Qui portera le ciel ? Chapitre 14

Qui portera le ciel ? Chapitre 14

Deuxième partie : Aïcha.

La façon dont cet homme secret se livre et se cache me trouble. Sa quête m’interroge. Qu’attend-il de moi ? Que me chante-t-il à travers ce bain ambigu, ces allusions au bonheur ? Du bonheur, j’ai une idée très précise, très peu théorique. Je suis heureuse quand je suis amoureuse. La définition frise la brève de comptoir, j’en conviens. Vérité personnelle. Je reconnais qu’être amoureuse traduit un état fugitif toujours suivi de serrements de cœur à fendre pierre et ne rime à rien. J’aime faire rimer ce rien avec « viens », quand mes lèvres s’approchent de la bouche d’un soupirant et que nos désirs se conjuguent.

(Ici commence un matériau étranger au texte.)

-- ===== src/WhenAll/Joins.antt =====
-- `when_all` of include/when_all.hpp goes on when every task has ended, and not before.
use libcoio.Base.{
  ℕ, zero, suc, ◌+◌, ◌-◌, ◌%◌, ◌^◌, ◌<◌, ◌≡◌, refl, sym, ap, ◌∙◌, ◌≢◌, inl, inr, Bool, true, false,
  Option, none, some, List, [], ◌∷◌, ◌++◌, arith, ◌==◌, if◌then◌else◌, Bool-cases,
}
use mathlib.Core.Path.{subst}
use libcoio.Outcome.{Outcome, returned, threw, Exception}
use libcoio.Task.{TaskPromise, finish, result}
use libcoio.AwaitCounter.{
  AwaitableCounter, notify_complete_one, Waiter, arriving, deciding, asleep, going_on, after_notify,
}
use libcoio.WhenAll.{
  Join, start_all, started, load_counter, store_counter, callback, Step, loads, stores, ends, Steps,
  stay, more, gather, gathered,
}

abbrev bit : Bool → ℕ
bit true = 1
bit false = 0

-- The tasks that have not ended.
pub open_tasks : {T : Type 0} → List (TaskPromise T) → ℕ
open_tasks [] = 0
open_tasks (p ∷ ps) = bit p.m_callback + open_tasks ps

-- A task that has ended has a result.
pub Sound : {T : Type 0} → List (TaskPromise T) → Type 0
Sound [] = Unit
Sound (p ∷ ps) = (p.m_callback ≡ false → result p ≢ none) × Sound ps

abbrev Waits : ℕ → Waiter → Option ℕ → ℕ → Type 0
Waits k arriving c n = c ≡ none
Waits k deciding c n = 0 < n
Waits k asleep c n = (c ≡ some k) × (0 < n)
Waits k going_on c n = n ≡ 0

pub record IsValid {T : Type 0} (k : ℕ) (s : Join T) : Type 0 where
  pub counts : s.counter.cnt ≡ open_tasks s.tasks
  pub small : s.counter.cnt < 2 ^ 64
  pub sound : Sound s.tasks
  pub waits : Waits k s.waiter s.counter.continuation s.counter.cnt

open_tasks-append :
    {T : Type 0} (xs : List (TaskPromise T)) (p : TaskPromise T) (ys : List (TaskPromise T))
    → open_tasks (xs ++ (p ∷ ys)) ≡ open_tasks xs + bit p.m_callback + open_tasks ys
unfolding open_tasks
open_tasks-append [] p ys = omega arith
open_tasks-append (x ∷ xs) p ys = omega (arith, open_tasks-append xs p ys)

finish-result :
    {T : Type 0} (o : Outcome T) (p : TaskPromise T) (x : Option Exception)
    → p.m_exception ≡ x
    → result (finish o p).1 ≢ none
unfolding finish result
finish-result (returned v) p none e h = cc (rw e at h)
finish-result (returned v) p (some y) e h = cc (rw e at h)
finish-result (threw x) p y e h = cc (h)

finish-callback :
    {T : Type 0} (o : Outcome T) (p : TaskPromise T)
    → ((finish o p).0 ≡ p.m_callback) × ((finish o p).1.m_callback ≡ false)
unfolding finish
finish-callback (returned v) p = (refl, refl)
finish-callback (threw e) p = (refl, refl)

Sound-replace :
    {T : Type 0} (xs : List (TaskPromise T)) (p : TaskPromise T) (ys : List (TaskPromise T))
    (o : Outcome T)
    → Sound (xs ++ (p ∷ ys))
    → Sound (xs ++ ((finish o p).1 ∷ ys))
unfolding Sound
Sound-replace [] p ys o h = ((λ e. finish-result o p p.m_exception refl), h.1)
Sound-replace (x ∷ xs) p ys o h = (h.0, Sound-replace xs p ys o h.1)

-- A call of `notify_complete_one` while something is still counted.
notify_lem :
    (n : ℕ) (c : AwaitableCounter)
    → c.cnt ≡ suc n
    → c.cnt < 2 ^ 64
    → ((notify_complete_one c).1 ≡ record c { cnt = n })
      × ((notify_complete_one c).0 ≡ (if n == 0 then c.continuation else none))
unfolding notify_complete_one
notify_lem n c e small =
    let less : (c.cnt + 2 ^ 64 - 1) % 2 ^ 64 ≡ n = omega (arith, e, small) in
    elim (Bool-cases (c.cnt == 1)) [
      | inl one ↦ rw (one, less) (refl, rw (let z : (n == 0) ≡ true = ground (arith, e) in z) refl)
      | inr many ↦
          rw (many, less) (refl, rw (let z : (n == 0) ≡ false = ground (arith, e) in z) refl)
    ]

not_zero : (n : ℕ) → (suc n == 0) ≡ false
not_zero n = ground arith

Waits-notify :
    (k n : ℕ) (w : Waiter) (c : Option ℕ)
    → Waits k w c (suc n)
    → w ≢ deciding
    → Waits k (after_notify (if n == 0 then c else none) w) c n
Waits-notify k zero arriving c h m = rw h refl
Waits-notify k zero deciding c h m = absurd (m refl)
Waits-notify k zero asleep c h m = rw h.0 refl
Waits-notify k zero going_on c h m = absurd (omega (arith, h))
Waits-notify k (suc n) arriving c h m = rw (not_zero n) h
Waits-notify k (suc n) deciding c h m = absurd (m refl)
Waits-notify k (suc n) asleep c h m = rw (not_zero n) (h.0, omega arith)
Waits-notify k (suc n) going_on c h m = absurd (omega (arith, h))

callback-IsValid :
    {T : Type 0} (k n : ℕ) (s : Join T) (ts : List (TaskPromise T))
    → s.counter.cnt ≡ suc n
    → s.counter.cnt < 2 ^ 64
    → open_tasks ts ≡ n
    → Sound ts
    → Waits k s.waiter s.counter.continuation (suc n)
    → s.waiter ≢ deciding
    → IsValid k (callback true (record s { tasks = ts }))
callback-IsValid k n s ts e small left sound w m =
    let (c, r) = notify_lem n s.counter e small in
    record {
      counts = ap (λ x. x.cnt) c ∙ sym left;
      small = omega (arith, ap (λ x. x.cnt) c);
      sound = sound;
      waits = rw (c, r) (Waits-notify k n s.waiter s.counter.continuation w m);
    }

load-IsValid : {T : Type 0} (k : ℕ) (s : Join T) → IsValid k s → IsValid k (load_counter s)
load-IsValid k s v = elim (Bool-cases (s.counter.cnt == 0)) [
  | inl e ↦
      rw e
        (record { counts = v.counts; small = v.small; sound = v.sound; waits = ground (arith, e) })
  | inr e ↦
      rw e
        (record { counts = v.counts; small = v.small; sound = v.sound; waits = ground (arith, e) })
]

store-IsValid :
    {T : Type 0} (k : ℕ) (s : Join T)
    → s.waiter ≡ deciding
    → IsValid k s
    → IsValid k (store_counter k s)
store-IsValid k s e v =
    let open_count : 0 < s.counter.cnt = rw e at v.waits in
    record { counts = v.counts; small = v.small; sound = v.sound; waits = (refl, open_count) }

ends-IsValid :
    {T : Type 0} (k : ℕ) (s : Join T) (xs : List (TaskPromise T)) (p : TaskPromise T)
    (ys : List (TaskPromise T)) (o : Outcome T)
    → s.tasks ≡ xs ++ (p ∷ ys)
    → p.m_callback ≡ true
    → s.waiter ≢ deciding
    → IsValid k s
    → IsValid k (callback (finish o p).0 (record s { tasks = xs ++ ((finish o p).1 ∷ ys) }))
ends-IsValid k s xs p ys o e running m v =
    let n = open_tasks xs + open_tasks ys in
    let (called, over) = finish-callback o p in
    let before : s.counter.cnt ≡ suc n =
      omega (arith, v.counts, ap open_tasks e, open_tasks-append xs p ys, ap bit running) in
    let left : open_tasks (xs ++ ((finish o p).1 ∷ ys)) ≡ n =
      omega (arith, open_tasks-append xs (finish o p).1 ys, ap bit over) in
    rw (called ∙ running) (
      callback-IsValid k n s (xs ++ ((finish o p).1 ∷ ys)) before v.small left
        (Sound-replace xs p ys o (subst Sound e v.sound))
        (subst (λ n. Waits k s.waiter s.counter.continuation n) before v.waits) m)

Step-IsValid : {T : Type 0} (k : ℕ) (s t : Join T) → Step k s t → IsValid k s → IsValid k t
Step-IsValid k _ _ (loads s e) v = load-IsValid k s v
Step-IsValid k _ _ (stores s e) v = store-IsValid k s e v
Step-IsValid k _ _ (ends s xs p ys o e running m) v = ends-IsValid k s xs p ys o e running m v

Steps-IsValid : {T : Type 0} (k : ℕ) (s t : Join T) → Steps k s t → IsValid k s → IsValid k t
Steps-IsValid k _ _ (stay s) v = v
Steps-IsValid k _ _ (more s t u l m) v = Step-IsValid k t u m (Steps-IsValid k s t l v)

open_start_all : (T : Type 0) (n : ℕ) → open_tasks (start_all {T = T} n) ≡ n
unfolding open_tasks
open_start_all T zero = refl
open_start_all T (suc n) = omega (arith, open_start_all T n)

Sound-start_all : (T : Type 0) (n : ℕ) → Sound (start_all {T = T} n)
unfolding Sound
Sound-start_all T zero = tt
Sound-start_all T (suc n) = ((λ e. cc (e)), Sound-start_all T n)

started-IsValid : (T : Type 0) (k n : ℕ) → n < 2 ^ 64 → IsValid k (started T n)
started-IsValid T k n small = record {
  counts = sym (open_start_all T n);
  small = small;
  sound = Sound-start_all T n;
  waits = refl;
}

gathered-some :
    {T : Type 0} (x : Option (Outcome T)) (y : Option (Outcome (List T)))
    → x ≢ none
    → (o : Outcome (List T)) × (y ≡ some o)
    → (o : Outcome (List T)) × (gathered x y ≡ some o)
gathered-some none y h g = absurd (h refl)
gathered-some (some (threw e)) y h g = (threw e, refl)
gathered-some (some (returned v)) y h (returned vs, e) = (returned (v ∷ vs), rw e refl)
gathered-some (some (returned v)) y h (threw x, e) = (threw x, rw e refl)

all_ended :
    {T : Type 0} (ts : List (TaskPromise T))
    → open_tasks ts ≡ 0
    → Sound ts
    → (o : Outcome (List T)) × (gather ts ≡ some o)
unfolding open_tasks Sound gather
all_ended [] e h = (returned [], refl)
all_ended (p ∷ ps) e h = elim (Bool-cases p.m_callback) [
  | inl running ↦ absurd (omega (arith, e, ap bit running))
  | inr over ↦ gathered-some (result p) (gather ps) (h.0 over) (all_ended ps (omega (arith, e)) h.1)
]

-- With fewer than 2 ^ 64 awaitables whose tasks all end on the thread of the coroutine that awaits, so that
-- none ends between the load and the store of its `co_await`: in any state that `when_all` reaches, whatever
-- the order in which the tasks end and whether before or after the `co_await`, once the coroutine goes on, every task has
-- ended and the loop over the tasks finds a result in each; while it sleeps, a task is still open, and
-- the counter has the handle to wake it.
pub Steps-joins :
    {T : Type 0} (k n : ℕ) (s : Join T)
    → n < 2 ^ 64
    → Steps k (started T n) s
    → (s.waiter ≡ going_on
        → (open_tasks s.tasks ≡ 0) × ((o : Outcome (List T)) × (gather s.tasks ≡ some o)))
      × (s.waiter ≡ asleep → (0 < open_tasks s.tasks) × (s.counter.continuation ≡ some k))
Steps-joins {T} k n s small l =
    let v = Steps-IsValid k (started T n) s l (started-IsValid T k n small) in
    (
      (λ e.
          let w : s.counter.cnt ≡ 0 = rw e at v.waits in
          let z : open_tasks s.tasks ≡ 0 = sym v.counts ∙ w in (z, all_ended s.tasks z v.sound)),
      (λ e.
          let w : (s.counter.continuation ≡ some k) × (0 < s.counter.cnt) = rw e at v.waits in
          (omega (arith, w.1, v.counts), w.0)),
    )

Dans cette extase, ne compte que ma passion. Je serais capable de sculpter nuit et jour pour exprimer le feu qui danse en moi. Le ciel se déploie, la mer s’étend, les odeurs s’exhalent et le moindre bruissement souligne le silence. Plus belle, hors de moi, je vibre à l’unisson de l’univers. Si le paradis avait goût d’éternité, il serait ce moment où les corps, encore enchevêtrés, restent enlacés ; les amants ont tout donné, tout reçu. Pourtant, je ne souhaite plus être amoureuse. Je ne veux plus entrer dans la vie d’un homme, ni m’innerver dans ses ramifications, ni me saouler de ses discours. Trop de douleurs, de déceptions, d’infinies tristesses. Trop de désillusions.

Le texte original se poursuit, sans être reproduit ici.